▶ **Task prompt**
Only the lines below between the ones containing "negate zero = pos 0" and "unfoldable pub strtol : Str → ℤ", inclusive, are to be reproduced, each exactly as it stands.

(Available data)

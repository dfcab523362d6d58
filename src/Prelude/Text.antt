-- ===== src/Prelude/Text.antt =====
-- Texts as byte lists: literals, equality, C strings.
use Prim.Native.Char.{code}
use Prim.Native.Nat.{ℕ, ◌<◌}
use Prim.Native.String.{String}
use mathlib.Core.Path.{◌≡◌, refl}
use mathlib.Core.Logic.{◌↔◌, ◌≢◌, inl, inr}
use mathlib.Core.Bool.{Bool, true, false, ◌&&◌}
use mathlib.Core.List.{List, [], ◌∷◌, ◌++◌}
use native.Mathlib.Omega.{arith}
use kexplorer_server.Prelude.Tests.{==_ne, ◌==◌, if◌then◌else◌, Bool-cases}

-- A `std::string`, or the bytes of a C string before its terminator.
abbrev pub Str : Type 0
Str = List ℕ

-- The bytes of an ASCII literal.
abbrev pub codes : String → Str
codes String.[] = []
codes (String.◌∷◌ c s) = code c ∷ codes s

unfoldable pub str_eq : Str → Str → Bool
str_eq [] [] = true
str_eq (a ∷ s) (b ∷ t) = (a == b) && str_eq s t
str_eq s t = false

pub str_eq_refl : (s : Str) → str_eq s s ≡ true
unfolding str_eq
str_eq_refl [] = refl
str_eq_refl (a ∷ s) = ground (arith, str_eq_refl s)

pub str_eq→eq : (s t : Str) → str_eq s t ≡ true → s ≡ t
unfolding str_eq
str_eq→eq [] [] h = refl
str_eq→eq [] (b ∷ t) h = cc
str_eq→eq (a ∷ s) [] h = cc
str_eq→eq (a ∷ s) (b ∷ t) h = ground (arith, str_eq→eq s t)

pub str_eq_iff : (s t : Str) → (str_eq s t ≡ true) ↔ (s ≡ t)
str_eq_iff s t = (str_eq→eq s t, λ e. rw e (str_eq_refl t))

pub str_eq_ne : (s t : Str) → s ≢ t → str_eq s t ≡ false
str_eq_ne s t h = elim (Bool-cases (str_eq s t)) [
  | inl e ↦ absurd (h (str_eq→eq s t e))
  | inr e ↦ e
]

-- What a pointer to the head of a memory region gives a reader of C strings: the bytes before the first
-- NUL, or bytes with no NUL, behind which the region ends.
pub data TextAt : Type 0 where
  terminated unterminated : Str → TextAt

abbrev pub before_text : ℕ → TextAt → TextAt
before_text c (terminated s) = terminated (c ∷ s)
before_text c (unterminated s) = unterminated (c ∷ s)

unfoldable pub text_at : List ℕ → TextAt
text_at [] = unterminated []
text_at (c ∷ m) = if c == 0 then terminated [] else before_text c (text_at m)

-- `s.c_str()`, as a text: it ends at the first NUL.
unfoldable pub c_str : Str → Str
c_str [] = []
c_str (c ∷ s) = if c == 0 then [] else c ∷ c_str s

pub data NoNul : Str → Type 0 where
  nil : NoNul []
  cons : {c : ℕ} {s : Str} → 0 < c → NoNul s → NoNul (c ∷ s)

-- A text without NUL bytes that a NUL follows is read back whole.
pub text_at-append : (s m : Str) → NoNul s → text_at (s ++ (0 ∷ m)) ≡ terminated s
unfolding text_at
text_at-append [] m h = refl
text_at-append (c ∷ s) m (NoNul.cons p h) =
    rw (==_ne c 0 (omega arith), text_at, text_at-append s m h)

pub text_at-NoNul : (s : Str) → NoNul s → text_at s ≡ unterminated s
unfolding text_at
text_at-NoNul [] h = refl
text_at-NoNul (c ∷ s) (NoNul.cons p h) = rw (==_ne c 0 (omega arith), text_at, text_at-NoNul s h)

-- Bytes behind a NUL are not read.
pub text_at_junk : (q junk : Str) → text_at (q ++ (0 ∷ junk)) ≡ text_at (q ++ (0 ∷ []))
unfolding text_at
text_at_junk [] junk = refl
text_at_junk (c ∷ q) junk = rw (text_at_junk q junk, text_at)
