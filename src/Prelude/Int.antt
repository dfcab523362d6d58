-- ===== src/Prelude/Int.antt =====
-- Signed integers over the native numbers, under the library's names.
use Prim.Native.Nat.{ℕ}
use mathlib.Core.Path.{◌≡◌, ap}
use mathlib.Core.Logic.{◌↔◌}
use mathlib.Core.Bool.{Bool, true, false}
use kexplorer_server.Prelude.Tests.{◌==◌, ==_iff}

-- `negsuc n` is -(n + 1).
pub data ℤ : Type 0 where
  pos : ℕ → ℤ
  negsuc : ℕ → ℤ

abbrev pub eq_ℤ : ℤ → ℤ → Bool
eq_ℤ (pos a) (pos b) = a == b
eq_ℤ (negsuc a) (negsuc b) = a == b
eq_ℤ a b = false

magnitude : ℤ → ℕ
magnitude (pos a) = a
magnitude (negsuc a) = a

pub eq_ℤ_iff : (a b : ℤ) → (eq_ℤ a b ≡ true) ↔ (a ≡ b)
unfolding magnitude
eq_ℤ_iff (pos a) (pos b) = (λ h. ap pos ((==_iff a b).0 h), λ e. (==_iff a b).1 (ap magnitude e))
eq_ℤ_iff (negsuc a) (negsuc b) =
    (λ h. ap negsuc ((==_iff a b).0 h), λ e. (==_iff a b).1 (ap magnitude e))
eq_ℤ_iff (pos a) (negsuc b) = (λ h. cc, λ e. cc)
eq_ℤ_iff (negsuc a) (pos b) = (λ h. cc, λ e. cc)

(End Available data)
(Available data)

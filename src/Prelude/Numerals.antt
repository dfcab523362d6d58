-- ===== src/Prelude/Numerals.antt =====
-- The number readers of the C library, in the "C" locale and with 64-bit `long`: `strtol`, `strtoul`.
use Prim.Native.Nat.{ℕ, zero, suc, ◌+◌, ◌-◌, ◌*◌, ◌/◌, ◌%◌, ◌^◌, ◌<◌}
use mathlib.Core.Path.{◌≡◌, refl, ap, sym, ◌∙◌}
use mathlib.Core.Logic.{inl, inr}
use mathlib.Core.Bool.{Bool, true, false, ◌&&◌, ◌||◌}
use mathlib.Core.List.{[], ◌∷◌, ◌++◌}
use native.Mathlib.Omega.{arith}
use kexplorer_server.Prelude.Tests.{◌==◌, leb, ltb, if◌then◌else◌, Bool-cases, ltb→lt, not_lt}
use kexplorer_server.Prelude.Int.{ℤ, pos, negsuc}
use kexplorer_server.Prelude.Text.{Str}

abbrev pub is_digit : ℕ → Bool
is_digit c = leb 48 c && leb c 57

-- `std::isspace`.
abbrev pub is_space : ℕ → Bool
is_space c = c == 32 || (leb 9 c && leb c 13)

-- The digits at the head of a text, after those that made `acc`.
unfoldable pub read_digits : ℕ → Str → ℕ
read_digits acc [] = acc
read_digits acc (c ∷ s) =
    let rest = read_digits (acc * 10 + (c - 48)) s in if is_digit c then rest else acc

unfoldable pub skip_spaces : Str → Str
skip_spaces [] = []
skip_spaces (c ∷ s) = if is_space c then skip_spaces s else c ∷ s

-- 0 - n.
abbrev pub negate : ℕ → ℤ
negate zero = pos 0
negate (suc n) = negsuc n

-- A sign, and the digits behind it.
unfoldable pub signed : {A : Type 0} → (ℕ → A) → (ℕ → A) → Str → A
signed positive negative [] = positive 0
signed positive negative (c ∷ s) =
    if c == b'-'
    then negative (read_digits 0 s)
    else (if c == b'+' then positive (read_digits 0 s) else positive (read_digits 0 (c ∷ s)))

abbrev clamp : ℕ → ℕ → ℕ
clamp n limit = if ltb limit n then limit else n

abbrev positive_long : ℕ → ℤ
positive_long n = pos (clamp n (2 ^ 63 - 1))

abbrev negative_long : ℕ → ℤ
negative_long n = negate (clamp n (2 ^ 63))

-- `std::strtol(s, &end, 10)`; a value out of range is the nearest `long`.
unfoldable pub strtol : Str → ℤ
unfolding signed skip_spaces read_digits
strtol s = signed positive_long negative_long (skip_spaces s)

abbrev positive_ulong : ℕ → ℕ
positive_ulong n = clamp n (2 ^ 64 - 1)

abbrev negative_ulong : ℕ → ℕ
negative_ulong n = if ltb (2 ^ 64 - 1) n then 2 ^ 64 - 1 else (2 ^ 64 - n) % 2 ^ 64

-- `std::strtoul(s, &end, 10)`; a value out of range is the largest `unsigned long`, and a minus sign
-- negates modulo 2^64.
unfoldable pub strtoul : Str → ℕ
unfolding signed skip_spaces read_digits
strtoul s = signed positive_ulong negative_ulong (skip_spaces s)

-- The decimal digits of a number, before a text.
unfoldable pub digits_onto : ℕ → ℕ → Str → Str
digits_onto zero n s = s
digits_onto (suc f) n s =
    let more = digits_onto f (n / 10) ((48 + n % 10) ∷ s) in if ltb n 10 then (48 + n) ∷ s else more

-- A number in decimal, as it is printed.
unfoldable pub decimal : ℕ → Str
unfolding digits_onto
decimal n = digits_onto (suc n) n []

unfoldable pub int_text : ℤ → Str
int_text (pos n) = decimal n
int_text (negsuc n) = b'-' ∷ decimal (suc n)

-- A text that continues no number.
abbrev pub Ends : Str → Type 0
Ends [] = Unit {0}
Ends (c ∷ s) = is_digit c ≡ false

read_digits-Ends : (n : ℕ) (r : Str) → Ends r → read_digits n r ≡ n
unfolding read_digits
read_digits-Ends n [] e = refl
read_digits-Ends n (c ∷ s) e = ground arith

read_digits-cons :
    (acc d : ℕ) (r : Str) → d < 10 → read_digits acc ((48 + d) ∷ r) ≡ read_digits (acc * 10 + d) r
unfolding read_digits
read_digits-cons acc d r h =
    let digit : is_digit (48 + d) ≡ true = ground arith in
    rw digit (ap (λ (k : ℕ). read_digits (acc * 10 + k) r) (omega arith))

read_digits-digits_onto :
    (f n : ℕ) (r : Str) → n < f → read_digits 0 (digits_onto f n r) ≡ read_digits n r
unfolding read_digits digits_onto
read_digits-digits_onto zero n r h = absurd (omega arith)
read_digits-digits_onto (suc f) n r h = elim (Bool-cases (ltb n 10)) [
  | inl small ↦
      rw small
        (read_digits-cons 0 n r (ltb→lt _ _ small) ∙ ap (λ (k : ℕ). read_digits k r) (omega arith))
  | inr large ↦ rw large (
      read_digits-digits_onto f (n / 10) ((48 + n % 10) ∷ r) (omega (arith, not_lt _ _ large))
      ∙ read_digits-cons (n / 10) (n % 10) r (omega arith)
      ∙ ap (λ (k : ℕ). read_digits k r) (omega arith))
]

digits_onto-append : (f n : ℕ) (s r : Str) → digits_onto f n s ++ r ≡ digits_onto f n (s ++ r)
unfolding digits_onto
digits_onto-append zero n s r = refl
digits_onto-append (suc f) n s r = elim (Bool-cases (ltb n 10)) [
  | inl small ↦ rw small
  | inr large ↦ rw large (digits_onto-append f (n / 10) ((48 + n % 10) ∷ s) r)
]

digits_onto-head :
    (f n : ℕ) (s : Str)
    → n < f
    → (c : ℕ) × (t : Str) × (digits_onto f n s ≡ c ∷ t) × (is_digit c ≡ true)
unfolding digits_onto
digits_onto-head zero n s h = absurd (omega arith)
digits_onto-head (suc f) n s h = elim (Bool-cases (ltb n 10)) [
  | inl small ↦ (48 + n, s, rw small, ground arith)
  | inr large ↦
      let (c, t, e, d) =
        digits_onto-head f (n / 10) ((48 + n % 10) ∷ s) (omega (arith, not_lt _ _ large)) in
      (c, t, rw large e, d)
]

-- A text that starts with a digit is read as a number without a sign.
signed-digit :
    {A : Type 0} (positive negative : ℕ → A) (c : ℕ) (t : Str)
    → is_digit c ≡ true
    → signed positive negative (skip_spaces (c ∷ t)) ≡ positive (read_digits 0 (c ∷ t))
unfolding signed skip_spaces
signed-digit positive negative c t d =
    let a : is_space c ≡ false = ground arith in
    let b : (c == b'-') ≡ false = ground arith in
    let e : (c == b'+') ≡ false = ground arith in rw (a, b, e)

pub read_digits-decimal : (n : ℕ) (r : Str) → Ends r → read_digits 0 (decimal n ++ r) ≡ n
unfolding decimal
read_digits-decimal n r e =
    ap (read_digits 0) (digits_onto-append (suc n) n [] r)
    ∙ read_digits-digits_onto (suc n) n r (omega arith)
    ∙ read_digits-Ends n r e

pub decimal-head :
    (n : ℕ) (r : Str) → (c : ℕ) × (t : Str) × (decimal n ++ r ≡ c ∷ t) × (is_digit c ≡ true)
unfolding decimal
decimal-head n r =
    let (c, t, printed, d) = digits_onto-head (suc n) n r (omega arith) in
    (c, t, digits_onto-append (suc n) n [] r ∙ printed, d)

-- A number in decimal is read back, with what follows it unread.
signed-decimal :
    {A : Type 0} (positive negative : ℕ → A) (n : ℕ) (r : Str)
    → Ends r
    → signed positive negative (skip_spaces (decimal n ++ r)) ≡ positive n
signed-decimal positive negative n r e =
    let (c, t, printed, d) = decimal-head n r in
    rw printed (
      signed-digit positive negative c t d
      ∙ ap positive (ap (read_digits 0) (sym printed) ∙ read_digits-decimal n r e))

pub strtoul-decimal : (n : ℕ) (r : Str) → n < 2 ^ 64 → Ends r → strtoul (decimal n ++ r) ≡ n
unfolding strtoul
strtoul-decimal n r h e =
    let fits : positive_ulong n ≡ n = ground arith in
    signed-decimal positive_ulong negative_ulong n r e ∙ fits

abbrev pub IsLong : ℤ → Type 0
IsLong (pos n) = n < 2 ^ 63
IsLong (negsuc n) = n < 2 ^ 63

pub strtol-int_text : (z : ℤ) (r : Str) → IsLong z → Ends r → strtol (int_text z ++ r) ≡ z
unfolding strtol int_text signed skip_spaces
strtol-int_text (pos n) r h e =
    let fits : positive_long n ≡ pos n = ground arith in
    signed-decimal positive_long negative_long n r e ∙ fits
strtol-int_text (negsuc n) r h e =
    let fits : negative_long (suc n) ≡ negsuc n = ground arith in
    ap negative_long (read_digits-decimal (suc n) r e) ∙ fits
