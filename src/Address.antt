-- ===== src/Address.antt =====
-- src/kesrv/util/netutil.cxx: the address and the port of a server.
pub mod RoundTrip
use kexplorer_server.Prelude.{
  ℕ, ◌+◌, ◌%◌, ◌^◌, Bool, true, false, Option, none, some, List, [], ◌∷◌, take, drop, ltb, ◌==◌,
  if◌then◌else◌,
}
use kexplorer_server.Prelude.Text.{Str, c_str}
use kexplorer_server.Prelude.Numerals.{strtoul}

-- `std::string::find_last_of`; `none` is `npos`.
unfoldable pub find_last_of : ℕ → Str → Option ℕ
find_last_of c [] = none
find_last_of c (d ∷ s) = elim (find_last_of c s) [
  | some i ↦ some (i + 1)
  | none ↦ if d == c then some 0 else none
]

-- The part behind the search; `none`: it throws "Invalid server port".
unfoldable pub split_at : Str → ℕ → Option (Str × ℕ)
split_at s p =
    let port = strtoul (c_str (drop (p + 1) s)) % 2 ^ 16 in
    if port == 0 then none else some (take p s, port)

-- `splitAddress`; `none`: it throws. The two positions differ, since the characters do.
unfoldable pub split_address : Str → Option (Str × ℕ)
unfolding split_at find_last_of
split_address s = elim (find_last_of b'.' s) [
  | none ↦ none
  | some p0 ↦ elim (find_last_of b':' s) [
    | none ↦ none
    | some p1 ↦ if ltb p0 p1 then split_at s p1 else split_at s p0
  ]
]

(End Available data)

▶ **Task answer**
negate zero = pos 0
negate (suc n) = negsuc n

-- A sign, and the digits behind it.
unfoldable pub signed : {A : Type 0} → (ℕ → A) → (ℕ → A) → Str → A
signed positive negative [] = positive 0
signed positive negative (c ∷ s) =
    if c == b'-'
    then negative (read_digits 0 s)
    else (if c == b'+' then positive (read_digits 0 s) else positive (read_digits 0 (c ∷ s)))

abbrev clamp : ℕ → ℕ → ℕ
clamp n limit = if ltb limit n then limit else n

abbrev positive_long : ℕ → ℤ
positive_long n = pos (clamp n (2 ^ 63 - 1))

abbrev negative_long : ℕ → ℤ
negative_long n = negate (clamp n (2 ^ 63))

-- `std::strtol(s, &end, 10)`; a value out of range is the nearest `long`.
unfoldable pub strtol : Str → ℤ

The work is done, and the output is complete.